_Activity:_ Reproduce the entries below exactly, but only from the line containing "-- not handed out." to the line containing "conserved pieces packets", inclusive.

··· Input for this task

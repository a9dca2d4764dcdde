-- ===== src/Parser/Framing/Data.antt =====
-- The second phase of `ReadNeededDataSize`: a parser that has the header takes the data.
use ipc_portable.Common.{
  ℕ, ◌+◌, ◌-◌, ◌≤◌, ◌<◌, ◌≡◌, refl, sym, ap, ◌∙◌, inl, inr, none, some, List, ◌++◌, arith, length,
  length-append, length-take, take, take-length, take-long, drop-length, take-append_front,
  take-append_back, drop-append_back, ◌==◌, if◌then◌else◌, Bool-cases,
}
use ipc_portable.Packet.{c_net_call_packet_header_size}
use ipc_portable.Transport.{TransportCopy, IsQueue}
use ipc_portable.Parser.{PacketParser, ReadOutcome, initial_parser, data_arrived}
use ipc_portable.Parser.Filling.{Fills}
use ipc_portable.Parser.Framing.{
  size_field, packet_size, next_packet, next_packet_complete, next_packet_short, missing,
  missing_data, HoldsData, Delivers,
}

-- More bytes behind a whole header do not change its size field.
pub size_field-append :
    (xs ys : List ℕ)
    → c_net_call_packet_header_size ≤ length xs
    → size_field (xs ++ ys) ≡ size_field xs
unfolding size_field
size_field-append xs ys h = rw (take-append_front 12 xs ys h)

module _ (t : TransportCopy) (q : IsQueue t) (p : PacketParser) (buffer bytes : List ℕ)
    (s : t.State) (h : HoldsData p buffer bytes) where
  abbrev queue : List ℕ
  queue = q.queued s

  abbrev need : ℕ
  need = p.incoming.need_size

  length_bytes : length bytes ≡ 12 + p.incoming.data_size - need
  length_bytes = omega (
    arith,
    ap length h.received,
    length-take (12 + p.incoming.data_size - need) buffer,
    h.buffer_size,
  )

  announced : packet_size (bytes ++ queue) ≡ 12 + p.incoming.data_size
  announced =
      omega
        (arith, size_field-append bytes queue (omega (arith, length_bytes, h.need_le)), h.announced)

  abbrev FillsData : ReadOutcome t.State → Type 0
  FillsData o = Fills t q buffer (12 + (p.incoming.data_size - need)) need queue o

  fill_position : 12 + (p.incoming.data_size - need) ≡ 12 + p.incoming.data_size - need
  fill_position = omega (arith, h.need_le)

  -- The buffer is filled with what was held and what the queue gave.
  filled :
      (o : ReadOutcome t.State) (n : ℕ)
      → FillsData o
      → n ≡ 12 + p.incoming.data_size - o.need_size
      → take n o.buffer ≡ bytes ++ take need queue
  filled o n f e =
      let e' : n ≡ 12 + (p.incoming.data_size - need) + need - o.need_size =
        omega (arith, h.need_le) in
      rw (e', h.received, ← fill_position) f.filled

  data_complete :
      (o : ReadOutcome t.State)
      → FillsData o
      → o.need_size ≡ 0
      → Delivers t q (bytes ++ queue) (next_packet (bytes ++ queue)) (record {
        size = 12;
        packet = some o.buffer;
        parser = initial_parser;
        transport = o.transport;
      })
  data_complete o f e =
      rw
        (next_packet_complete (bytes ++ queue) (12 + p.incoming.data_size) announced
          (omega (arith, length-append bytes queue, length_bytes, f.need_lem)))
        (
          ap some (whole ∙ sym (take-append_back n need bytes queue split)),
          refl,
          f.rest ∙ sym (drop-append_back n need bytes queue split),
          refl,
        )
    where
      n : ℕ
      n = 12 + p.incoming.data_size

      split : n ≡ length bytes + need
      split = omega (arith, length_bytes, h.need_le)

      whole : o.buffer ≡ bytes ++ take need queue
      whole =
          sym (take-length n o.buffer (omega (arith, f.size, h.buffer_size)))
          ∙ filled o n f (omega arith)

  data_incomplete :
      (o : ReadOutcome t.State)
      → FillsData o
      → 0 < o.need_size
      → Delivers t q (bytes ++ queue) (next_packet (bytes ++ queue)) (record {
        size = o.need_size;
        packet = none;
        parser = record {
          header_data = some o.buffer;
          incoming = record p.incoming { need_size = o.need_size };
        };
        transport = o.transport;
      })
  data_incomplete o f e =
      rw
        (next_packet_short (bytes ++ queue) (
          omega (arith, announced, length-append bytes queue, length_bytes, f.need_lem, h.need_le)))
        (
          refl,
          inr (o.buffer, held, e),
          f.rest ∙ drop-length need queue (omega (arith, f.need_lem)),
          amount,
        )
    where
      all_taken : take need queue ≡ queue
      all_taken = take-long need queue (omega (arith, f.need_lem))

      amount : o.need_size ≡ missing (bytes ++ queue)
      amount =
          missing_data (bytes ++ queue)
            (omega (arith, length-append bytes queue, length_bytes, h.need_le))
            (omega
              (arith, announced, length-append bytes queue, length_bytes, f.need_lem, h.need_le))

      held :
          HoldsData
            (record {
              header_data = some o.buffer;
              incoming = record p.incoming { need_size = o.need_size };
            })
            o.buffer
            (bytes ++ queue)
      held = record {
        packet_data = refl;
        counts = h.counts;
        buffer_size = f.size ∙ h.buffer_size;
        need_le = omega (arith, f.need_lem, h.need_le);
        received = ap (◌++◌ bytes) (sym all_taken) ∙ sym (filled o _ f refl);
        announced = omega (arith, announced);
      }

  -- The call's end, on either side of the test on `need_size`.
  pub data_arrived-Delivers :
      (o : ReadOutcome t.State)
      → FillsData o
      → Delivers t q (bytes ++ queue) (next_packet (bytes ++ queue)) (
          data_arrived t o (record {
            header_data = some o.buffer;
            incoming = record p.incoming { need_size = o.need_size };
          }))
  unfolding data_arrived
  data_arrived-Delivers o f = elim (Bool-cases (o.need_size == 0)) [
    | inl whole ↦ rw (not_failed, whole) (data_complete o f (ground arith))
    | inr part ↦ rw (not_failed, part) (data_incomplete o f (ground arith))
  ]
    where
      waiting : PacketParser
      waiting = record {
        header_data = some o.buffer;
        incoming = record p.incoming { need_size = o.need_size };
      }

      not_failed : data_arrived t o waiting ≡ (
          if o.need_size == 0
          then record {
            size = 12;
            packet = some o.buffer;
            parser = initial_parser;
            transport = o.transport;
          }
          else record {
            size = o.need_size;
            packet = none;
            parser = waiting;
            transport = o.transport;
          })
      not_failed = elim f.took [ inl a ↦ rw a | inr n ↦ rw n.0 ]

······
··· Input for this task

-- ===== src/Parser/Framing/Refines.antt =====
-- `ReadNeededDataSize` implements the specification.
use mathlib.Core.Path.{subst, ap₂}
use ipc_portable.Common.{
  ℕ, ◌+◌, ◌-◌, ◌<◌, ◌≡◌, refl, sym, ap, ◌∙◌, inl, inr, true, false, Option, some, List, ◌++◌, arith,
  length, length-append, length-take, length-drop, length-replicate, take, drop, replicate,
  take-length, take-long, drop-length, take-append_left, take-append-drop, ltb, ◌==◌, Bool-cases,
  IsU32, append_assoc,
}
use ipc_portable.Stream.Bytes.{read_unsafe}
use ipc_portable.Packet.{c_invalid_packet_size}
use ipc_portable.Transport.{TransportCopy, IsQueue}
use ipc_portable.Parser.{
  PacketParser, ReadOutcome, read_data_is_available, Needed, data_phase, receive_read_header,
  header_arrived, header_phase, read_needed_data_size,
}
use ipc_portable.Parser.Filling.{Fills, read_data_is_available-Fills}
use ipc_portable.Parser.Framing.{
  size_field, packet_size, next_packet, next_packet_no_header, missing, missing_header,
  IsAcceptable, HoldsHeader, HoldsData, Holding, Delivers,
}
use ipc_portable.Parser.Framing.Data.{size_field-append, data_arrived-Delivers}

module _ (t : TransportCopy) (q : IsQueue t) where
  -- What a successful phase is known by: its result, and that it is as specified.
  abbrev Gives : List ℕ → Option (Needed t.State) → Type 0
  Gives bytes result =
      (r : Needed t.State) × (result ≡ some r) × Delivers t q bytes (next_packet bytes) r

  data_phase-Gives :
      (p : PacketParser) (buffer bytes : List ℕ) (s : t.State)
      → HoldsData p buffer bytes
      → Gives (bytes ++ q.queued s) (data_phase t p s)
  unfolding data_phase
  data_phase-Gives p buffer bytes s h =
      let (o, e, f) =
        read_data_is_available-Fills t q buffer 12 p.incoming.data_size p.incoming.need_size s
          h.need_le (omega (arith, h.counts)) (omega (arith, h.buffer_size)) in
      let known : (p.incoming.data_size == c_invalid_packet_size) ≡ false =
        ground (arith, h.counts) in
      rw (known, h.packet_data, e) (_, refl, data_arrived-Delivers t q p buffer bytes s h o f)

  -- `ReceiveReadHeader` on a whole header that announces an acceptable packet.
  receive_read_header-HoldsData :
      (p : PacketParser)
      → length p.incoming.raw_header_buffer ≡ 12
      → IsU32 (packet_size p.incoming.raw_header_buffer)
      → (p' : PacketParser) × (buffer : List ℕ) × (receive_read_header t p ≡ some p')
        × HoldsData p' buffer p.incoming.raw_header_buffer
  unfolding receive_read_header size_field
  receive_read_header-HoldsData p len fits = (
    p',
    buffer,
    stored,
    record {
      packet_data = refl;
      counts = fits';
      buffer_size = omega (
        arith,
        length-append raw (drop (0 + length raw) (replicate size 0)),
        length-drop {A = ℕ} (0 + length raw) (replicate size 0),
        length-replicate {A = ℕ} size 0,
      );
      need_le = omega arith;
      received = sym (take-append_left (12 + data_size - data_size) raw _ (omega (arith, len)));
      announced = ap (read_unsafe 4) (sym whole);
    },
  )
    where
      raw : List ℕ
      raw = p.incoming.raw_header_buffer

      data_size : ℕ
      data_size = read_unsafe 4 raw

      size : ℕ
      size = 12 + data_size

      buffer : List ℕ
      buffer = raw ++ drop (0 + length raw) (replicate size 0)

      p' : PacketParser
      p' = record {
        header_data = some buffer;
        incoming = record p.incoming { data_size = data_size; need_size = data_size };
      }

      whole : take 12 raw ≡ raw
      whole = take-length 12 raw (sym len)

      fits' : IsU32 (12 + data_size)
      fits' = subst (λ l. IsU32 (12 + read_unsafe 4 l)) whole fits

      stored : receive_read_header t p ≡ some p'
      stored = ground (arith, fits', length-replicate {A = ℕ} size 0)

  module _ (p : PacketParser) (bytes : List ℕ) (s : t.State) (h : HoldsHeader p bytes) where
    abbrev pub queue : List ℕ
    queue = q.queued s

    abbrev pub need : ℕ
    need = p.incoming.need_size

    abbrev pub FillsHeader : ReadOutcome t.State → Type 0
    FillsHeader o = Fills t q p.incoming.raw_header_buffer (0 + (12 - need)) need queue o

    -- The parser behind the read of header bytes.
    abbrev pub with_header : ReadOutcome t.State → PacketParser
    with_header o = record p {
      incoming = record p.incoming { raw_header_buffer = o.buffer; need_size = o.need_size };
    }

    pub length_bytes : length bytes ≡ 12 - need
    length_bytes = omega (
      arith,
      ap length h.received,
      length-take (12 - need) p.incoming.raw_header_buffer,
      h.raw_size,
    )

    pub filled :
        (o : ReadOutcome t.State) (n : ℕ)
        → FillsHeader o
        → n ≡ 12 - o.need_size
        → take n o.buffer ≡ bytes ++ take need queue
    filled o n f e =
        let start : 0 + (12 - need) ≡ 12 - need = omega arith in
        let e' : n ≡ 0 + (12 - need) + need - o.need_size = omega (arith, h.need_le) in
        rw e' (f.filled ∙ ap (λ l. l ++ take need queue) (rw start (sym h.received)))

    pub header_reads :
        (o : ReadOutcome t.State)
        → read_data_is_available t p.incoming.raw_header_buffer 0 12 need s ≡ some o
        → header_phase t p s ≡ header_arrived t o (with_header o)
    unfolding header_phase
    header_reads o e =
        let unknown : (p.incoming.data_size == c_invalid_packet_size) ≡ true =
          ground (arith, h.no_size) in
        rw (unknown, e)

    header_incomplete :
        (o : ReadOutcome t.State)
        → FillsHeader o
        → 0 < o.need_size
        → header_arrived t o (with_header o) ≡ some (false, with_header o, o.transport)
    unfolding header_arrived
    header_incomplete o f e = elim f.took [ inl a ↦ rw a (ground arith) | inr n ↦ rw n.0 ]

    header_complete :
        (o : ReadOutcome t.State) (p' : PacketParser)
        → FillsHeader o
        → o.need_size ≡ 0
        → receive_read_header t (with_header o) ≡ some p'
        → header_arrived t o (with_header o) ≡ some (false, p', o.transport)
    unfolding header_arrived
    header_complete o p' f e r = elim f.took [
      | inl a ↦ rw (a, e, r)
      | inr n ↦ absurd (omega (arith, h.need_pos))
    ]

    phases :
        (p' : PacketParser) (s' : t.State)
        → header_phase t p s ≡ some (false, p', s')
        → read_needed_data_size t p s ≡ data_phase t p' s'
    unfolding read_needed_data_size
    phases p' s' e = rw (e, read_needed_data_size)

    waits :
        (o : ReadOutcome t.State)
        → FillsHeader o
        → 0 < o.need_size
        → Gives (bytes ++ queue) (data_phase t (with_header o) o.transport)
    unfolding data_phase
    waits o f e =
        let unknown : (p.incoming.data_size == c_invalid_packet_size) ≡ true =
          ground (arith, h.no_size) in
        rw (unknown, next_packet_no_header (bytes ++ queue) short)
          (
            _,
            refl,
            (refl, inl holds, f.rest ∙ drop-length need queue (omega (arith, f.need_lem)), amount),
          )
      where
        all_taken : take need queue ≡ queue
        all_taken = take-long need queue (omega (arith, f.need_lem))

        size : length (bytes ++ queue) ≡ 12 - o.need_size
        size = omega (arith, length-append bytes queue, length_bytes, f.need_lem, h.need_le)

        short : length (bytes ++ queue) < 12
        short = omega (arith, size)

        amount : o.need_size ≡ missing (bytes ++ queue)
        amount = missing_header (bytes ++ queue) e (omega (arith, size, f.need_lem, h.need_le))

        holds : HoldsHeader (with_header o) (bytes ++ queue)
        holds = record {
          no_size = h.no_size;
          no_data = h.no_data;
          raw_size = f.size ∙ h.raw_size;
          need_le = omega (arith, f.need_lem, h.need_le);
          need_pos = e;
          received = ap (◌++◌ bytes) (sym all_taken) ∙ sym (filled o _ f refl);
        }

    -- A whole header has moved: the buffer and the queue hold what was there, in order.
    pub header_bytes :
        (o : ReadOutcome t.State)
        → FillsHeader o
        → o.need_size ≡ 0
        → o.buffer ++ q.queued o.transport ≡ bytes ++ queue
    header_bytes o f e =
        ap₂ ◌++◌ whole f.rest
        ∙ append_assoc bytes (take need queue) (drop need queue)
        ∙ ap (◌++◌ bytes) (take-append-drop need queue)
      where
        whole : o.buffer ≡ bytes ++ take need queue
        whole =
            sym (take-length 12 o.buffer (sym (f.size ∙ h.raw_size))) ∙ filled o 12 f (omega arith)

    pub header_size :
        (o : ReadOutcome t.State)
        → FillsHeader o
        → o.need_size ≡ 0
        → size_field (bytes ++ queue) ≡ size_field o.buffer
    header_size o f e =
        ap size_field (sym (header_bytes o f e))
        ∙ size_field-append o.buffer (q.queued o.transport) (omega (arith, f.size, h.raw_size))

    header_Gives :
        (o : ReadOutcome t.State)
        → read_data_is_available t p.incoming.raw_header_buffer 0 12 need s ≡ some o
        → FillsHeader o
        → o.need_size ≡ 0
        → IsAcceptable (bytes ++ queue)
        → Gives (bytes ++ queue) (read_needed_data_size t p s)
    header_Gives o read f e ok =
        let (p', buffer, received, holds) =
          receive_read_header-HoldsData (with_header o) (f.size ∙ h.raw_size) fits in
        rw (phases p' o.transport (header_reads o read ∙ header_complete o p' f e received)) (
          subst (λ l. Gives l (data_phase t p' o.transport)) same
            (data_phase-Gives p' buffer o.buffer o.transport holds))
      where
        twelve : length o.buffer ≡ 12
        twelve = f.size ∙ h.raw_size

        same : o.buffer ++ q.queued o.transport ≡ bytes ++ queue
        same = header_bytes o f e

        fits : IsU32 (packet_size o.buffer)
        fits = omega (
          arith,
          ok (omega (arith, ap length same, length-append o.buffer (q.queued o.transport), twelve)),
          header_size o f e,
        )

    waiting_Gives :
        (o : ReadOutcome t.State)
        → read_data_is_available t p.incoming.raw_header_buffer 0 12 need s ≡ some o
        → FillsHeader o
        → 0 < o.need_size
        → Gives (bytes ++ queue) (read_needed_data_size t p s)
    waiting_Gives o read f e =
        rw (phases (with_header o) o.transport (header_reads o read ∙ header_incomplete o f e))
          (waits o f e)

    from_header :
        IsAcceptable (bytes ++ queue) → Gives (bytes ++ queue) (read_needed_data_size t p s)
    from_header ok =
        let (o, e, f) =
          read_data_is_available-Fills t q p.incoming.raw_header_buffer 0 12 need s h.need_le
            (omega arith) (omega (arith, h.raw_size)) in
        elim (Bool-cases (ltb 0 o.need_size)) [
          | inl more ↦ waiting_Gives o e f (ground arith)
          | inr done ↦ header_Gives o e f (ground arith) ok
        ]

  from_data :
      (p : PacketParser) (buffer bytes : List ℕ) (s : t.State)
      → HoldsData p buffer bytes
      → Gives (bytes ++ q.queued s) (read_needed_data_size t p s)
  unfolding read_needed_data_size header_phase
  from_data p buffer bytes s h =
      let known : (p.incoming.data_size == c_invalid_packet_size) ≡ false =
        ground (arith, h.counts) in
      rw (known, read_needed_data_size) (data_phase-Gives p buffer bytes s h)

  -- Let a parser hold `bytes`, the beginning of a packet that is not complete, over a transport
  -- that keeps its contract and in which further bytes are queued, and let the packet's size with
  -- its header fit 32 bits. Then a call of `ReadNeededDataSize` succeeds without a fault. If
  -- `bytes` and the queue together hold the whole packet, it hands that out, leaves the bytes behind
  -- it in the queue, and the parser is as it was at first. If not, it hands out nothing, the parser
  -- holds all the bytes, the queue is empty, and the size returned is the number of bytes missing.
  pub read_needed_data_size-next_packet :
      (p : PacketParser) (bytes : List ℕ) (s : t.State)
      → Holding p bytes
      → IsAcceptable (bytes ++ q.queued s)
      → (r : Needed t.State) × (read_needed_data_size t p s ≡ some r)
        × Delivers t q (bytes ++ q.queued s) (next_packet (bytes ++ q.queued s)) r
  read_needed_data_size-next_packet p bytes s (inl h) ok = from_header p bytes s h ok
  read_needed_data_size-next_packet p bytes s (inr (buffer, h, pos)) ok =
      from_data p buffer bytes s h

······
··· Input for this task

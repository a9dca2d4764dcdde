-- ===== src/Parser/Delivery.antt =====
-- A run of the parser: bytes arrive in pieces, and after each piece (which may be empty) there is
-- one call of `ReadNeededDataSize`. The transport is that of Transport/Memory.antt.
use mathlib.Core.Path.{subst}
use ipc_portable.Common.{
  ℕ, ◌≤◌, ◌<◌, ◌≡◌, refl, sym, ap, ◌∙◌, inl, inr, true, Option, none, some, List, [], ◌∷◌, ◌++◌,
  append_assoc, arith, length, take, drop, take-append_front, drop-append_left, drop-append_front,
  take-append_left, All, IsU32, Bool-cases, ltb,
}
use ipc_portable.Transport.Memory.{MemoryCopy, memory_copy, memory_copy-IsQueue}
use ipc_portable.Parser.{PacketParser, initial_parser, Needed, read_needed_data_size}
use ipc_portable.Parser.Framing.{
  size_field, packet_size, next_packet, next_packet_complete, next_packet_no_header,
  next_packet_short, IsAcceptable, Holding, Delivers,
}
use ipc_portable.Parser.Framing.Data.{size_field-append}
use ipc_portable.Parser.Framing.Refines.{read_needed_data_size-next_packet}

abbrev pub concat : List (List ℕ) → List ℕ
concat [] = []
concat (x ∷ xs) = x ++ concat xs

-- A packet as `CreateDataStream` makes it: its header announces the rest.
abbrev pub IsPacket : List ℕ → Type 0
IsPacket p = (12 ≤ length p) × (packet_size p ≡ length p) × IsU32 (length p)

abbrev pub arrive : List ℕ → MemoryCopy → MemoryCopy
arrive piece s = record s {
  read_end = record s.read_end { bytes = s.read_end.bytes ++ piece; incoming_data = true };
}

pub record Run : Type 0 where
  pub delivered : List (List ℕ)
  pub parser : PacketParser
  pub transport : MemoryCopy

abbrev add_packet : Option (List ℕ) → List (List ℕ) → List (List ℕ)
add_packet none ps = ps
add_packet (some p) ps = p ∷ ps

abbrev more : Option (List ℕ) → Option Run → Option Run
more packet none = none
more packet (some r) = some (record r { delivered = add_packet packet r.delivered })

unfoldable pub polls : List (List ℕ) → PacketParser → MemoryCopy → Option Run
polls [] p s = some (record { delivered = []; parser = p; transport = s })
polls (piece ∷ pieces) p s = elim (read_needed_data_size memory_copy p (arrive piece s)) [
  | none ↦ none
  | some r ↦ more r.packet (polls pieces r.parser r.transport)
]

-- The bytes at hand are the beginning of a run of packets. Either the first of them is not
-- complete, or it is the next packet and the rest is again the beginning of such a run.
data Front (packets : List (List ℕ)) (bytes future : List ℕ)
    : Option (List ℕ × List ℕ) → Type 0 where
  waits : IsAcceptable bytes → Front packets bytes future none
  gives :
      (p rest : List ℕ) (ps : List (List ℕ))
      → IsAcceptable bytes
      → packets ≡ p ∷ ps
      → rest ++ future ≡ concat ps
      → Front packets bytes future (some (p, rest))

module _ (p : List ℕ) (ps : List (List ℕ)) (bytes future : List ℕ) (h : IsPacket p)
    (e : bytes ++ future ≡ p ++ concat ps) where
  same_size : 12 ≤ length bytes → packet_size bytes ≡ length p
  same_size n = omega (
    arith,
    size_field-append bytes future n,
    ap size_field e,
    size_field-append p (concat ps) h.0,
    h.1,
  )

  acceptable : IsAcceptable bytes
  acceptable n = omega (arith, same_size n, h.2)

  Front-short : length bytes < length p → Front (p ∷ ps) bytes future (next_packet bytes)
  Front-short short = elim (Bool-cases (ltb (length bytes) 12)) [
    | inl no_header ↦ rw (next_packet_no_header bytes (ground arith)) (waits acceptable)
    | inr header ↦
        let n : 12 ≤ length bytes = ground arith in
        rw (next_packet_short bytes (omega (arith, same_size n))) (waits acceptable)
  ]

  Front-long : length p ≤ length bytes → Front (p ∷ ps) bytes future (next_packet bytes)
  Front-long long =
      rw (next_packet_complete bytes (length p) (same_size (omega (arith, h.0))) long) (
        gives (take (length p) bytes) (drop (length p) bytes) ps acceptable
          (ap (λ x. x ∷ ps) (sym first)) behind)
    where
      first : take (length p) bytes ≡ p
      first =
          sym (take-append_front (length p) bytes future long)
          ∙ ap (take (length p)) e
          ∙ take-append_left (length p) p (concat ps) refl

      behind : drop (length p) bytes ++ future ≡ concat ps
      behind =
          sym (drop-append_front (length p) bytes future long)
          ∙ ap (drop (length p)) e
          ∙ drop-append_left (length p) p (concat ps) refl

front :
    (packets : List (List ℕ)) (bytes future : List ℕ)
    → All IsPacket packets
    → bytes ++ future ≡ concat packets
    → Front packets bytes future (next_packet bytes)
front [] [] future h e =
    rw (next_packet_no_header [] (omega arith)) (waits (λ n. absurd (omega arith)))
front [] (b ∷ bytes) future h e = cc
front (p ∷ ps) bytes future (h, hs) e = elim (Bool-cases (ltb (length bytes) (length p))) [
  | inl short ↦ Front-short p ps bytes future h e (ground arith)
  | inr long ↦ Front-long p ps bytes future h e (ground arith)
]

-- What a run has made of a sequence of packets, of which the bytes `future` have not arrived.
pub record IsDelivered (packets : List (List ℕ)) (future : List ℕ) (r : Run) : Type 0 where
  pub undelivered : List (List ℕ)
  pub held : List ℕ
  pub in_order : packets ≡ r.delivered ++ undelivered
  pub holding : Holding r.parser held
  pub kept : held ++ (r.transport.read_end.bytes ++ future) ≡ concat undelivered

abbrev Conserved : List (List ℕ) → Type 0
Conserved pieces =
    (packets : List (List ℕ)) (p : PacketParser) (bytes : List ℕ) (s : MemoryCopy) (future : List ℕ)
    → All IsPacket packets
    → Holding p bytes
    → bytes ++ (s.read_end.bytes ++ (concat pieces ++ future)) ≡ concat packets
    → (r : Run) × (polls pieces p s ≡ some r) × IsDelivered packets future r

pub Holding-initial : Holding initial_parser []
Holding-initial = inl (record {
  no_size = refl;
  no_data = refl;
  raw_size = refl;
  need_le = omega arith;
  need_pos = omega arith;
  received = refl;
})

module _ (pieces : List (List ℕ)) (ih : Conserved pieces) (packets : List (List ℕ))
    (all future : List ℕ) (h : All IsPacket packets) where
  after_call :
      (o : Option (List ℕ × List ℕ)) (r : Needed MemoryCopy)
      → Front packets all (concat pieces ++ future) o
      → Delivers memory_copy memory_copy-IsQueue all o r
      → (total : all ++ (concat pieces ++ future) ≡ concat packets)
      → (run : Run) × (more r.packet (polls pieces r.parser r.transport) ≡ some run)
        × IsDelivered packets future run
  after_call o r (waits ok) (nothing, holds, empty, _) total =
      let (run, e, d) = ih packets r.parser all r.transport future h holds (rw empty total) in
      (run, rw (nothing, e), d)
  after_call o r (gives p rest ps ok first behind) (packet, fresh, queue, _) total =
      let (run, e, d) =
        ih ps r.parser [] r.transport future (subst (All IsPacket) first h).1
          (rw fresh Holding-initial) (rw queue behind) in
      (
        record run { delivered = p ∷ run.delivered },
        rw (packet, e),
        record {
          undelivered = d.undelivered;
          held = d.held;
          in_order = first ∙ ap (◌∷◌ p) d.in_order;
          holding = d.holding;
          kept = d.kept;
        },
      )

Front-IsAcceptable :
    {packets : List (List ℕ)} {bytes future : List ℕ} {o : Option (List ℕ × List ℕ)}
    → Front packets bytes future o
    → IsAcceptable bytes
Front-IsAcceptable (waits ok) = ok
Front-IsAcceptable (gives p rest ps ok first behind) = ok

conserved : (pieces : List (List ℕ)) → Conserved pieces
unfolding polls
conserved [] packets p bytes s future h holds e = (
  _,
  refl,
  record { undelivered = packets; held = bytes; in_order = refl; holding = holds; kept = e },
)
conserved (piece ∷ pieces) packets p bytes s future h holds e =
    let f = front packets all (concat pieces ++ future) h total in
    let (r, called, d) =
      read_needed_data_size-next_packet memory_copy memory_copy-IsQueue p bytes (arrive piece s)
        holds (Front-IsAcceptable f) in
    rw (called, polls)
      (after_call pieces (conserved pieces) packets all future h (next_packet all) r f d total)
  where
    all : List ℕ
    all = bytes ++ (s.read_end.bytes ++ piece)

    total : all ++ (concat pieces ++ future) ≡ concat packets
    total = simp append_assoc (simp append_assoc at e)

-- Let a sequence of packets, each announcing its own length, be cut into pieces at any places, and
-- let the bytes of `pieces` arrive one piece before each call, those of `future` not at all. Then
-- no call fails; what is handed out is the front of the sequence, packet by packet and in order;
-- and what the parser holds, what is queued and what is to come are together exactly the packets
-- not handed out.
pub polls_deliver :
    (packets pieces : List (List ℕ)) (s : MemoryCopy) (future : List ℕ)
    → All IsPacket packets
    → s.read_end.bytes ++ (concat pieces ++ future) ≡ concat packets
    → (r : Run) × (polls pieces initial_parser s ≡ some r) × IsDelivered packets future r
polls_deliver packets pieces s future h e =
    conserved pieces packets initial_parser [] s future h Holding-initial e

······

_Exercise result:_
-- not handed out.
pub polls_deliver :
    (packets pieces : List (List ℕ)) (s : MemoryCopy) (future : List ℕ)
    → All IsPacket packets
    → s.read_end.bytes ++ (concat pieces ++ future) ≡ concat packets
    → (r : Run) × (polls pieces initial_parser s ≡ some r) × IsDelivered packets future r
polls_deliver packets pieces s future h e =
    conserved pieces packets initial_parser [] s future h Holding-initial e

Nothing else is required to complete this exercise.